Invalid values raise ValueError immediately — you find out at startup, not on the first retry.

What surfaces when retries exhaust

If all retries fail, the client raises the appropriate typed exception based on the final attempt's outcome:

Final attempt failed because… Exception raised
HTTP 429 KneoRateLimited (carries .retry_after)
HTTP 502 / 503 / 504 KneoServerError
Transport error (DNS, connect, TLS, read) KneoNetworkError

Intermediate retry attempts are logged at INFO level under the kneo_client.transport logger:

INFO:kneo_client.transport:status 503 on attempt 1; sleeping 0.20s
INFO:kneo_client.transport:status 503 on attempt 2; sleeping 0.40s

If you want to see the retry behavior in your application logs, set the logger level:

import logging
logging.basicConfig(level=logging.INFO)
logging.getLogger("kneo_client.transport").setLevel(logging.INFO)

Bypassing the auto-injection

The transport auto-injects an Idempotency-Key on every POST unconditionally. If for some reason you need to send a POST without one (very unusual — the platform's contract assumes the header is present), drop to the transport directly and supply explicit headers:

# Standard call — transport adds Idempotency-Key automatically
await client.platform.runs.create(body)

# No-auto-inject path (you take responsibility for deduplication)
await client._transport.request("POST", "/v1/runs", json=body, headers={"Idempotency-Key": "your-deterministic-key"})

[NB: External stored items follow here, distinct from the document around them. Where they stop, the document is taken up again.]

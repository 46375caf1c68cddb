-- ===== src/Providers/Application/Steps.antt =====
-- The requests about applications, in sequences.
use Prim.Native.String.{String}
use raycarwash_project.Base.{ℕ, Bool, List, [], ◌∷◌}
use raycarwash_project.Store.{Result, ok, err}
use raycarwash_project.Providers.Application.{ApplicationDb, ActivateRequest, activate}
use raycarwash_project.Providers.Application.Requests.{
  UpdateRequest, update, deactivate, set_accepting_bookings, submit_application,
}
use raycarwash_project.Providers.Application.Decisions.{
  approve_detailer, suspend_detailer, approve_verification, reject_verification,
}

pub data ApplicationStep : Type 0 where
  activates : (user : ℕ) → ActivateRequest → ApplicationStep
  updates : (user : ℕ) → UpdateRequest → ApplicationStep
  deactivates : (user : ℕ) → ApplicationStep
  sets_accepting : (user : ℕ) → (accepting : Bool) → ApplicationStep
  submits : (now user : ℕ) → ApplicationStep
  approves suspends : (now id actor : ℕ) → String → ApplicationStep
  verifies rejects : (now id actor : ℕ) → String → ApplicationStep

-- get_db around a request
abbrev pub transact : Result (Unit {0}) × ApplicationDb → ApplicationDb → ApplicationDb
transact (ok u, after) before = after
transact (err e, after) before = before

abbrev pub serve : ApplicationStep → ApplicationDb → ApplicationDb
serve (activates user body) d = transact (activate user body d) d
serve (updates user body) d = transact (update user body d) d
serve (deactivates user) d = transact (deactivate user d) d
serve (sets_accepting user accepting) d = transact (set_accepting_bookings user accepting d) d
serve (submits now user) d = transact (submit_application now user d) d
serve (approves now id actor note) d = transact (approve_detailer now id actor d) d
serve (suspends now id actor reason) d = transact (suspend_detailer now id actor reason d) d
serve (verifies now id actor note) d = transact (approve_verification now id actor d) d
serve (rejects now id actor reason) d = transact (reject_verification now id actor reason d) d

abbrev pub serve_all : List ApplicationStep → ApplicationDb → ApplicationDb
serve_all [] d = d
serve_all (a ∷ rest) d = serve_all rest (serve a d)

You almost never want this. Auto-injection is the right default; this is documented mostly so you know the escape hatch exists.

Putting it together — a robust pattern

from kneo_client import KneoClient
from kneo_client.core.errors import (
    KneoIdempotencyMismatchError, KneoNetworkError, KneoServerError,
)
from kneo_client.core.idempotency import new_idempotency_key

async def create_run_robust(client: KneoClient, body: dict) -> str:
    key = new_idempotency_key()  # one key, used across application-level retries

    for attempt in range(1, 4):
        try:
            run = await client.platform.runs.create(body, idempotency_key=key)
            return run.run_id

        except KneoIdempotencyMismatchError as exc:
            # Caller bug — body changed between attempts. Don't retry.
            raise RuntimeError(f"payload drift on key {exc.idempotency_key!r}") from exc

        except (KneoNetworkError, KneoServerError) as exc:
            # The transport already retried within its policy; we add an outer
            # guard for application-level recovery (e.g. across process restarts).
            if attempt == 3:
                raise
            await asyncio.sleep(2 ** attempt)

    raise AssertionError("unreachable")

In practice the transport's built-in retries are sufficient for most use cases; the outer loop above is for the rare case where you want application-level retry behavior (e.g. survive a process restart while the platform is temporarily unreachable).